> ASSIGNMENT
Only the lines below starting at the one containing "available_nmc = add_null" and ending at the one containing "some (record e" belong in the answer, each copied exactly.

> SOURCE MATERIAL
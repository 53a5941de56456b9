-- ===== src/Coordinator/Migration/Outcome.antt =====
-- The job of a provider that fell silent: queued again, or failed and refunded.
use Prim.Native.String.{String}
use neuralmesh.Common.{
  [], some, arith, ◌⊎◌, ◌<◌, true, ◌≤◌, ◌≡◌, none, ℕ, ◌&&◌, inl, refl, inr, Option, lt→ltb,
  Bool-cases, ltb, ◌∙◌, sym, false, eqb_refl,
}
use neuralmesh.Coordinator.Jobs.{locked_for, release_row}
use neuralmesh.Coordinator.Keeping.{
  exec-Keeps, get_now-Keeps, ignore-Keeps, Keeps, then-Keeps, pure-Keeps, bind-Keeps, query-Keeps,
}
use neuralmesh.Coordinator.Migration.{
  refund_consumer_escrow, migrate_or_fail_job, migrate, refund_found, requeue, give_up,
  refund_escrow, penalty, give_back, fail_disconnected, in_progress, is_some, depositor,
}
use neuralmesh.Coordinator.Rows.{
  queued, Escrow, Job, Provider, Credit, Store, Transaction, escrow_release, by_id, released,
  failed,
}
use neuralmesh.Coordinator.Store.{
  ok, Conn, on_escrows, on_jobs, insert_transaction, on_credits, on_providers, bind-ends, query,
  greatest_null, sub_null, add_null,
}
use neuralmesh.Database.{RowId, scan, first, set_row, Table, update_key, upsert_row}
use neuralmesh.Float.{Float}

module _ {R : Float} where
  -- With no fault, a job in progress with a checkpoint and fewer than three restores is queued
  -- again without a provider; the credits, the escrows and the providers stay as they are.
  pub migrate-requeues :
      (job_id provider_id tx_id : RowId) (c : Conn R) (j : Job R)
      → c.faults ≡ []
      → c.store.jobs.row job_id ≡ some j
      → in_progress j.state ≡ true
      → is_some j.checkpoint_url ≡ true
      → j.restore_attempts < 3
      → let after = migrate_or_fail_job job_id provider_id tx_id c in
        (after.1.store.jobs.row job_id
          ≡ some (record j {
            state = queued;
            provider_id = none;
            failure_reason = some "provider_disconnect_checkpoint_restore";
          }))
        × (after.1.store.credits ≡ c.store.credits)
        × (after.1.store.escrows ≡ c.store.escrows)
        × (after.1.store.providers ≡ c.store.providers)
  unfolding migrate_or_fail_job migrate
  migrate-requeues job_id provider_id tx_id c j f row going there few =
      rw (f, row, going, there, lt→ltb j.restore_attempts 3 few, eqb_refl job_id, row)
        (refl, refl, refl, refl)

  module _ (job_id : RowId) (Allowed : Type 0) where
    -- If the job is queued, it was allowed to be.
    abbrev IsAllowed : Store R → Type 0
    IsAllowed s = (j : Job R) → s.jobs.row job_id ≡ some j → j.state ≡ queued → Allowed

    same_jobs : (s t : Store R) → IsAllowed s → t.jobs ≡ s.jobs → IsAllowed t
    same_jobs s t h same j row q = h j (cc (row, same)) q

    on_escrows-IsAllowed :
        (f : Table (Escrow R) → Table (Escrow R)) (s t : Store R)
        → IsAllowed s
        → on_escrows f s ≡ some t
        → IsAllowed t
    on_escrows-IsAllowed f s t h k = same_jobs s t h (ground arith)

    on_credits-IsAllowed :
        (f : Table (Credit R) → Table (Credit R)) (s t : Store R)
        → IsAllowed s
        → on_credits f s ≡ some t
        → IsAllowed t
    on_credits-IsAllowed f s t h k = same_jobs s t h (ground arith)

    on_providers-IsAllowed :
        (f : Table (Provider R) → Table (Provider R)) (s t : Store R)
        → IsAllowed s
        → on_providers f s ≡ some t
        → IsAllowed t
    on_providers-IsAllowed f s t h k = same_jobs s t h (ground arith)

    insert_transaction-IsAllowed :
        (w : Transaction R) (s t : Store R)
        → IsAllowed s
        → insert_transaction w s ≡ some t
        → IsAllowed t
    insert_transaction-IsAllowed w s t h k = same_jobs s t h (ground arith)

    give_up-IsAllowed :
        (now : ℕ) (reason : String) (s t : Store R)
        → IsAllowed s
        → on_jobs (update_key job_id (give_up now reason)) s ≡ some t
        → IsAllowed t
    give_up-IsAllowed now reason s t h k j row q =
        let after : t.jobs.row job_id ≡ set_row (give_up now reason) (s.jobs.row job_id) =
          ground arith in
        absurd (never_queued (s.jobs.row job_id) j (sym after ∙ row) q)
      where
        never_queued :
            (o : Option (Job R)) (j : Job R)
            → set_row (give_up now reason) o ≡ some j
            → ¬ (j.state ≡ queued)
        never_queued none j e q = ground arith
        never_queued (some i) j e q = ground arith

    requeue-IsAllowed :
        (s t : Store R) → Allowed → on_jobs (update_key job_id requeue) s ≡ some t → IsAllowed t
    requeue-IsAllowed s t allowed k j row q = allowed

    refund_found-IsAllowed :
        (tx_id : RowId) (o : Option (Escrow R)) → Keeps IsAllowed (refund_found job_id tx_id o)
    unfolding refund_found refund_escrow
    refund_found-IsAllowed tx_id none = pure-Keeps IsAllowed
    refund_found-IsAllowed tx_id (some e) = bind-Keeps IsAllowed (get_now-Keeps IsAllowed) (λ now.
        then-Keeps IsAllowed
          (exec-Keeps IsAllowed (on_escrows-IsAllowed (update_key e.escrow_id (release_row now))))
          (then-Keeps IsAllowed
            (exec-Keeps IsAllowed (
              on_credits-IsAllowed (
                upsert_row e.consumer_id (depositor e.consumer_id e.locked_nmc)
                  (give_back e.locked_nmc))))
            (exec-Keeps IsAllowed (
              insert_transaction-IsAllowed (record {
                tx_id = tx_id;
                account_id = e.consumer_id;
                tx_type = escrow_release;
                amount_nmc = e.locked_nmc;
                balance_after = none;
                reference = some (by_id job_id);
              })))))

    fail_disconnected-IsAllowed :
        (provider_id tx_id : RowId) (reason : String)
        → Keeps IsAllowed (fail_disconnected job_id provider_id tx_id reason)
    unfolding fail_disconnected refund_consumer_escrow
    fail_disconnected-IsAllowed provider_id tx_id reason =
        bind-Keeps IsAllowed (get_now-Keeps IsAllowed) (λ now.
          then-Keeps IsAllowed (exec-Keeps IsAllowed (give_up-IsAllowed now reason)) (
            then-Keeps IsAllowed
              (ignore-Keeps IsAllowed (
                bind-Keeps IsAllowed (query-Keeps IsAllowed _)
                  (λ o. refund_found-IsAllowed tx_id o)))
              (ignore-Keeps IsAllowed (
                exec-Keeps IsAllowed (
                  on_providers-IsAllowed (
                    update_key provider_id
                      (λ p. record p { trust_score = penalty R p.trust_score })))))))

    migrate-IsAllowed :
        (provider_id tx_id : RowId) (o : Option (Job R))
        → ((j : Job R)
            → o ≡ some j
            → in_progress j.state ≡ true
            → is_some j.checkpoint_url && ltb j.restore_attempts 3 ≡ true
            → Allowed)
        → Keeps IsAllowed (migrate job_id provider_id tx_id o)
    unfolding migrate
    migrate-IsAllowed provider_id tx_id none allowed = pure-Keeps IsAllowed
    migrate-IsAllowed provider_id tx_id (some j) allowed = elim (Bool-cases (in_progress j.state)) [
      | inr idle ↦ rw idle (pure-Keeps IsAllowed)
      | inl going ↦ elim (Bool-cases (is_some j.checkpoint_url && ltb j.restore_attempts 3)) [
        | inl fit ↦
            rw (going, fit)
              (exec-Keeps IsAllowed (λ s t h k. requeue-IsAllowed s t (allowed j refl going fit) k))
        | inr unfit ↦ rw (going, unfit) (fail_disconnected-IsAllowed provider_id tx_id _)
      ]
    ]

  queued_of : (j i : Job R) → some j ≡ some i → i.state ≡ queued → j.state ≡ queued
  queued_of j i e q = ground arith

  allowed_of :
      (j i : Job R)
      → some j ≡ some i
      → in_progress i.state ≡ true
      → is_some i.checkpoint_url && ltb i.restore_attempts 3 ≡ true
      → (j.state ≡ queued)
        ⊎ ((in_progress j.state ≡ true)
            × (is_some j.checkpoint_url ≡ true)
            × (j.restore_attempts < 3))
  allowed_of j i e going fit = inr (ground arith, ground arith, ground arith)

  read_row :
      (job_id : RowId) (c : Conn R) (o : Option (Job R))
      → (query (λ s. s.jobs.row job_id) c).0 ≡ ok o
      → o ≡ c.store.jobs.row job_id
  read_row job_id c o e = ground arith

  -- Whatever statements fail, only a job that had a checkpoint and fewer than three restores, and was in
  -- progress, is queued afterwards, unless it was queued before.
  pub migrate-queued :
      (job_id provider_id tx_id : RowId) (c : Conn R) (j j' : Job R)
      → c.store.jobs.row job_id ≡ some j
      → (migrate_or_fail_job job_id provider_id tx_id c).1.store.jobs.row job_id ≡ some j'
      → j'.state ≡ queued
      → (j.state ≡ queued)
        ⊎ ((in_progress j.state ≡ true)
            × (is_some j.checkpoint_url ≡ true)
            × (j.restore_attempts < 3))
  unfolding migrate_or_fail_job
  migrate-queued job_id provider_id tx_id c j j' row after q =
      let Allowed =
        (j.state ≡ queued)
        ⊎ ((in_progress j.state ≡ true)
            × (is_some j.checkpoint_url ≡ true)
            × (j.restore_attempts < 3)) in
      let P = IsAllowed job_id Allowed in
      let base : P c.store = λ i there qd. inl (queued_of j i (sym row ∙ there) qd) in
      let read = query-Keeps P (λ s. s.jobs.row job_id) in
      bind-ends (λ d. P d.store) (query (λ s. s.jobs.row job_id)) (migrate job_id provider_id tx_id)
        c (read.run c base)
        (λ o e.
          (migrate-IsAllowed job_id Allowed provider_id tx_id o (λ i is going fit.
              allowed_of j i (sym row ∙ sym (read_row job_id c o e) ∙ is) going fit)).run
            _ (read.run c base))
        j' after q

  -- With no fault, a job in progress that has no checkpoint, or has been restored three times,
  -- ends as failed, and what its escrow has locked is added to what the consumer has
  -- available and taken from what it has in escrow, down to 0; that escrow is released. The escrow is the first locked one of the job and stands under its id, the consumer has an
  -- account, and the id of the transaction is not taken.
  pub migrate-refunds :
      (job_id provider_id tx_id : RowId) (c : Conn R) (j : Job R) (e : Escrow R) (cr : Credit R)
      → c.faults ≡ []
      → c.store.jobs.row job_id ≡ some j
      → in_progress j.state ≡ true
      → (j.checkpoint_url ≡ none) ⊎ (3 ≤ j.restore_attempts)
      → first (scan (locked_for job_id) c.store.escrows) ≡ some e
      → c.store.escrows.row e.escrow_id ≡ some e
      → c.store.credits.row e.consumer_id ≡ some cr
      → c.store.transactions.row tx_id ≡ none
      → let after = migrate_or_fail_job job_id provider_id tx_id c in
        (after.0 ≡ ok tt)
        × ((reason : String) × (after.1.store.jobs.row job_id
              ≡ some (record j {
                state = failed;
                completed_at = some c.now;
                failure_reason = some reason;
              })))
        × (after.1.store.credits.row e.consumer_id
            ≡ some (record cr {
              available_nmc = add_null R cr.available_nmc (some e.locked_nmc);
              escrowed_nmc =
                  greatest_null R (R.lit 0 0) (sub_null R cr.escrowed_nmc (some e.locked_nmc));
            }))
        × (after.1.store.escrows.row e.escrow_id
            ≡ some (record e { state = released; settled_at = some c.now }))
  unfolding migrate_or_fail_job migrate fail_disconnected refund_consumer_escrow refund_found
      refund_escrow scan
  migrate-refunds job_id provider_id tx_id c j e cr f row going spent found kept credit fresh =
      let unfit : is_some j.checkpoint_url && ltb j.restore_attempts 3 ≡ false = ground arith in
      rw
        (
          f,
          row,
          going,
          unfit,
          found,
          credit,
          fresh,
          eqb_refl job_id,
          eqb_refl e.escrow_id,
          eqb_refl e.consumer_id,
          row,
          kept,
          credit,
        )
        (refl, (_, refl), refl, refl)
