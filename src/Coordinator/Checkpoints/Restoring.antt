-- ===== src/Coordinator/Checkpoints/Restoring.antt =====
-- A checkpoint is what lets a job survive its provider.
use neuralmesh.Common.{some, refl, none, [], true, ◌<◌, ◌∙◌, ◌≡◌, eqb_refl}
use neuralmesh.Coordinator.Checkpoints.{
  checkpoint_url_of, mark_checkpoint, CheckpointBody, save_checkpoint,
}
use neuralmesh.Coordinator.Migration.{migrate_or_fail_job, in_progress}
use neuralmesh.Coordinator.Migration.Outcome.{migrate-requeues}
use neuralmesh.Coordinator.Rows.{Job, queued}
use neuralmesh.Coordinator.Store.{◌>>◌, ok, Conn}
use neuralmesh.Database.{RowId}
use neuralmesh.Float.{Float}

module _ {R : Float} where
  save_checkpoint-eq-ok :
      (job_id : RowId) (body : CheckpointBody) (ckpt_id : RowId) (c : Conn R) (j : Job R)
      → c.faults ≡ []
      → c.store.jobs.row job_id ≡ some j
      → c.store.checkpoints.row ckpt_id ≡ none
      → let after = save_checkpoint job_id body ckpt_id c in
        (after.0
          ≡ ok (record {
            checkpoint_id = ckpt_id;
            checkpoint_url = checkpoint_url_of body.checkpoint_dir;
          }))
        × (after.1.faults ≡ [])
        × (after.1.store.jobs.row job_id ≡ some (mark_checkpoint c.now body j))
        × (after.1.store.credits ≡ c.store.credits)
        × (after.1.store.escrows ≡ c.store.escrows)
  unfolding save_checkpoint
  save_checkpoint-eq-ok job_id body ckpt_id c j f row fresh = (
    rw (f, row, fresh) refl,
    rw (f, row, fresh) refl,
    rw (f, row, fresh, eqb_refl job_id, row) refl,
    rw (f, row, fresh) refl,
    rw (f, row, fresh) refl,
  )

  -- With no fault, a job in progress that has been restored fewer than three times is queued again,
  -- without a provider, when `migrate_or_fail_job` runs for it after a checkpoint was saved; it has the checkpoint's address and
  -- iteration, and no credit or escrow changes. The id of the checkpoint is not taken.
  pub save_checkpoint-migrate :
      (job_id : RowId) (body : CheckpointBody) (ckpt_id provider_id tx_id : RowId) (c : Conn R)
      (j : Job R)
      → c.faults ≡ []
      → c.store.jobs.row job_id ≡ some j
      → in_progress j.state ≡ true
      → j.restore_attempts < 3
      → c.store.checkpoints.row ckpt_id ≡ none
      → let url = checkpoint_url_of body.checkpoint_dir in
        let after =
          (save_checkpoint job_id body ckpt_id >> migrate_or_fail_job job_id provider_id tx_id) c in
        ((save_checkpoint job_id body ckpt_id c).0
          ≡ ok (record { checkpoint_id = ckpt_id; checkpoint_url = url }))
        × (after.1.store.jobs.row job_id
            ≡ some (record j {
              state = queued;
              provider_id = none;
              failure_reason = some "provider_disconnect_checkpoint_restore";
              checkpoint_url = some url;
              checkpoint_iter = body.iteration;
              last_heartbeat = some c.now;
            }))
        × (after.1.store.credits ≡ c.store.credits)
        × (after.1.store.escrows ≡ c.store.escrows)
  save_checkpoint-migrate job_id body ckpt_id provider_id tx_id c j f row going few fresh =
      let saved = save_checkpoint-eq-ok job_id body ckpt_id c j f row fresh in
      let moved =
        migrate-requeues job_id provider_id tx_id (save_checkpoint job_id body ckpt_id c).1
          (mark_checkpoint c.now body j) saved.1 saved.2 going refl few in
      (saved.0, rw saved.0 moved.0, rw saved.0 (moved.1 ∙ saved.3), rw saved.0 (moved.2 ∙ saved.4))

> EXPECTED OUTPUT
              available_nmc = add_null R cr.available_nmc (some e.locked_nmc);
              escrowed_nmc =
                  greatest_null R (R.lit 0 0) (sub_null R cr.escrowed_nmc (some e.locked_nmc));
            }))
        × (after.1.store.escrows.row e.escrow_id
            ≡ some (record e { state = released; settled_at = some c.now }))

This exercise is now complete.